In an earlier study, researchers presented the findings of a systematic investigation into the solid-form products resulting from the crystallization of dicarboxylic acids (diacids) with the weakly basic cyclic amides 2-imidazolidinone and 2-pyrrolidinone²⁶. Another study reported nineteen new crystal structures containing α,w-alkanedicarboxylic acids, maleic acid, and fumaric acid with imidazole, which were characterized by single-crystal X-ray diffraction²⁷. To contribute to this area, we have succeeded in preparing two single-crystal structures. The first, (molecular salt I), 1,2-dimethylimidazole in complex with glutaric acid, has been reported previously, but 1-methylimidazole in complex with succinic acid (molecular salt II) in the crystalline state, was characterized for the first time by X-ray crystallography.

In this paper, we present X-ray structural analyses of two structures involving 1-methylimidazole and 1,2-dimethylimidazole (Fig. 1), focusing on intermolecular hydrogen bonds, geometry, energy, and topology. Using Hirshfeld surface analyses and quantum-theoretical calculations, we provide insights into the intermolecular interactions, revealing dependencies on the chemical environment.

Fig. 1.

The molecular structure of (I) 1,2-dimethylimidazole, and (II) 1-methylimidazole.

Experimental

Preparation of crystals

The crystals in this study were obtained from commercially available reagents (Sigma–Aldrich Chemical Co.) and used without further purification.

Preparation of (I)

First, 1,2-dimethylimidazole (0.0048 g) and glutaric acid (0.0066 g) were weighed using an analytical balance. The substances were combined in a 1:1 ratio and dissolved in 4 ml of ethanol. The solution was transferred to a 10 ml bottle and stirred with a magnetic stirrer for 3 min. Using a syringe with a filter, the solution was transferred to a crystallizing dish with a capacity of 20 ml. The crystallization was conducted in natural light, the crystallizing dish was sealed with Parafilma and left undisturbed in a controlled environment for two weeks.

Preparation of (II)

First, 1-methylimidazole (0.0041 g) and succinic acid (0.0059 g) were weighed using an analytical balance. The substances were combined in a 1:1 ratio and dissolved in 8 ml of ethanol and 1 ml of water. The solution was transferred to a 10 ml bottle and stirred with a magnetic stirrer for 3 min. Using a syringe with a filter, the solution was transferred to a crystallizing dish with a capacity of 20 ml. The crystallization was conducted in natural light, the crystallizing dish was sealed with Parafilma and left undisturbed in a controlled environment for two weeks.

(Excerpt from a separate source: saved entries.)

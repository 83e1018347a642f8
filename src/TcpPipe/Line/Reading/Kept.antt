-- ===== src/TcpPipe/Line/Reading/Kept.antt =====
-- The reads of a tcp_pipe_endpoint keep what a medium must keep.
use common.Base.{
  ℕ, ◌+◌, ◌-◌, ◌≤◌, ◌≡◌, refl, sym, ap, ◌∙◌, List, ◌++◌, length, arith, leb, true, false, ◌&&◌,
  length-append, take_all, ok, ensure_ok, ok_injective, subst,
}
use common.Utils.Memory.{AllBytes}
use common.Utils.Buffer.{Buffer}
use common.Utils.Buffer
use common.Results.{PipeOpRes, is_op_success}
use common.TcpPipe.Operation.{Endian, EndianLaws, bytes_of, header_size}
use common.TcpPipe.Operation.Read.{
  ReadProgress, add_bytes, is_payload_buffer_valid, get_buffer_for_unread_header,
  get_buffer_for_unread_payload, is_payload_completed, fill_header, fill_payload,
}
use common.TcpPipe.Impl.{read_kind}
use common.TcpPipe.Line.Framed.{Laws}
use common.TcpPipe.Line.Writing.{frame, Measured}
use common.TcpPipe.Line.Reading.{read_medium, received, Stage, heading, loading, GoodRead}
use common.TcpPipe.Line.Reading.Growth.{
  Grown, read_starts, heading_grows, no_room_grows, payload_grows,
}

pub no_payload :
    (r : ReadProgress) → r.m_payload_buffer ≡ Buffer.empty → is_payload_buffer_valid r ≡ false
unfolding is_payload_buffer_valid Buffer.empty
no_payload r h = ap Buffer.to_bool h

module _ (e : Endian) (garbage : ℕ → ℕ) (laws : EndianLaws e) where
  header_by_stage :
      (r : ReadProgress) (bytes : List ℕ) (room : ℕ)
      → GoodRead e r
      → Stage e r
      → get_buffer_for_unread_header r ≡ ok room
      → length bytes ≤ room
      → AllBytes bytes
      → Grown e garbage r (add_bytes e garbage (length bytes) (fill_header bytes r)) bytes
  unfolding get_buffer_for_unread_header
  header_by_stage r bytes room g (heading low none_) h fits new =
      let (low, f) = ensure_ok (leb r.m_bytes_read header_size) _ h in
      subst
        (λ b.
          let r' : ReadProgress = record r { m_payload_buffer = b } in
          Grown e garbage r' (add_bytes e garbage (length bytes) (fill_header bytes r')) bytes)
        (sym none_)
        (heading_grows e garbage r.m_bytes_read r.m_header bytes g.width g.bytes new
          (ground (arith, low, ok_injective f, fits)))
  header_by_stage r bytes room g (loading mem there size some_ bound high top) h fits new =
      let (low, f) = ensure_ok (leb r.m_bytes_read header_size) _ h in
      subst
        (λ b.
          let r' : ReadProgress = record r { m_payload_buffer = b } in
          Grown e garbage r' (add_bytes e garbage (length bytes) (fill_header bytes r')) bytes)
        (sym there)
        (no_room_grows e garbage r.m_bytes_read r.m_header mem bytes g.width g.bytes new size some_
          bound high (ground (arith, low, ok_injective f, fits)))

  payload_by_stage :
      (r : ReadProgress) (bytes : List ℕ) (room : ℕ)
      → GoodRead e r
      → Stage e r
      → get_buffer_for_unread_payload r ≡ ok room
      → length bytes ≤ room
      → Grown e garbage r (add_bytes e garbage (length bytes) (fill_payload bytes r)) bytes
  unfolding get_buffer_for_unread_payload Buffer.empty
  payload_by_stage r bytes room g (heading low none_) h fits =
      let (_, f) = ensure_ok (leb header_size r.m_bytes_read) _ h in
      let (valid, _) =
        ensure_ok
          (is_payload_buffer_valid r
            && leb r.m_bytes_read (r.m_payload_buffer.m_size + header_size))
          _ f in
      absurd (ground (arith, valid, no_payload r none_))
  payload_by_stage r bytes room g (loading mem there size some_ bound high top) h fits =
      let (_, f) = ensure_ok (leb header_size r.m_bytes_read) _ h in
      let (_, f') =
        ensure_ok
          (is_payload_buffer_valid r
            && leb r.m_bytes_read (r.m_payload_buffer.m_size + header_size))
          _ f in
      subst
        (λ n.
          let r' : ReadProgress = record r { m_bytes_read = n } in
          Grown e garbage r' (add_bytes e garbage (length bytes) (fill_payload bytes r')) bytes)
        {x = 4 + (r.m_bytes_read - 4)} (omega arith)
        (subst
          (λ b.
            let r' : ReadProgress = record {
              m_header = r.m_header;
              m_payload_buffer = b;
              m_bytes_read = 4 + (r.m_bytes_read - 4);
            } in
            Grown e garbage r' (add_bytes e garbage (length bytes) (fill_payload bytes r')) bytes)
          (sym there)
          (payload_grows e garbage (r.m_bytes_read - 4) r.m_header mem bytes g.width g.bytes size
            some_ bound (omega (arith, ok_injective f', ap (λ (b : Buffer). b.m_size) there))))

  pub whole_by_stage :
      (r : ReadProgress)
      → GoodRead e r
      → Stage e r
      → is_payload_completed r ≡ true
      → (received r ≡ frame e (bytes_of r.m_payload_buffer))
        × Measured (bytes_of r.m_payload_buffer)
  unfolding is_payload_completed
  whole_by_stage r g (heading low none_) h = absurd (ground (arith, h, no_payload r none_))
  whole_by_stage r g (loading mem there size some_ bound high top) h = rw (ap bytes_of there) (
    take_all (r.m_header ++ mem) (
          ground
            (arith, h, ap (λ (b : Buffer). b.m_size) there, length-append r.m_header mem, g.width))
        ∙ ap (λ t. t ++ mem)
            (sym (laws.to_big r.m_header g.width g.bytes) ∙ ap e.native_to_big size),
    (some_, omega arith),
  )

  read_keeps :
      (r : ReadProgress) (result : PipeOpRes)
      → is_op_success result ≡ false
      → ((read_kind e garbage).take result r).0 ≡ r
  unfolding read_kind
  read_keeps r result h = rw h refl

  unfoldable pub read_laws : Laws (read_medium e garbage) (frame e)
  unfolding read_kind no_payload header_by_stage payload_by_stage whole_by_stage read_keeps
  read_laws = record {
    Good = GoodRead e;
    held = received;
    Partial = λ bytes. Unit {0};
    nothing = tt;
    keeps = read_keeps;
    starts = read_starts e garbage;
    moves_header = λ r room bytes g b m. header_by_stage r bytes m.0 g g.stage m.1 m.2 m.3;
    moves_payload = λ r room bytes g b m. payload_by_stage r bytes m.0 g g.stage m.1 m.2;
    whole = λ r g h. (whole_by_stage r g g.stage (ok_injective h)).0;
    partial = λ r g. tt;
  }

X-ray structure determination and refinement

The crystal structures’ data, and the corresponding data collection and structure refinement details are presented in Table 1.

Table 1.

Experimental details. Experiments were carried out at room temperature with Cu Kα radiation (λ = 1.54184Å) using a Rigaku XtaLAB synergy dualflex diffractometer with a hypix detector.

Crystal data	(I)	(II)
Chemical formula	C10H16N2O4	C16H20N4O8*
Formula weight	228.25	396.36
Temperature/ K	293(2)	293(2)
Radiation	Cu Kα (λ = 1.54184Å)	Cu Kα (λ = 1.54184Å)
Crystal system, space group	orthorhombic, Pna21	triclinic, P
a, b, c (Å)	10.23300(10), 23.0144(3), 4.79660(10)	6.45150(10), 8.8082(2), 9.5671(2)
α, β, γ (º)	90, 90, 90	67.162(2), 75.309(2), 84.972(2)
V (Å3)	1129.63(3)	484.626(19)
Z	4	1
µ (mm-1)	0.875	0.944
Crystal size (mm)	0.569 × 0.060 × 0.043	0.648 × 0.410 × 0.210
Reflections collected	10,269	16,277
Idependent reflections	2070 [ Rint= 0.0440, Rsigma= 0.0301]	1903 [ Rint= 0.02552, Rsigma= 0.0125]
Data/restraints/parameters	2070/1/149	1903/0/132
Goodness-of-fit on F2	1.068	1.119
Final R indexes [I > = 2σ(I)]	R1 = 0.0343, wR2 = 0.0940	R1 = 0.0447, wR2 = 0.1325
Final R indexes [all data]	R1 = 0.0355, wR2 = 0.0952	R1 = 0.0515 wR2 = 0.1421
Δρmax, Δρmin (e Å-3)	0.15/-0.12	0.26/-0.18
Number CCDC	2408255	2408256

* In case of the crystal of (II) there is 1:1 stoichiometry between 1-methylimidazole and dicarboxylic acid components, however, the acid molecules exist within the crystal in two forms, fully neutral one and dianionic one. What is more, in both cases the molecules are in special position (inversion at the center). Using this symmetry one gets the visualisation as in Fig. 2, molecular salt II. In this visualisation both dicarboxylic fragments (half of each molecule) are shown with symmetry equivalent counterparts (the counterpart, that is, second half of each molecular fragment).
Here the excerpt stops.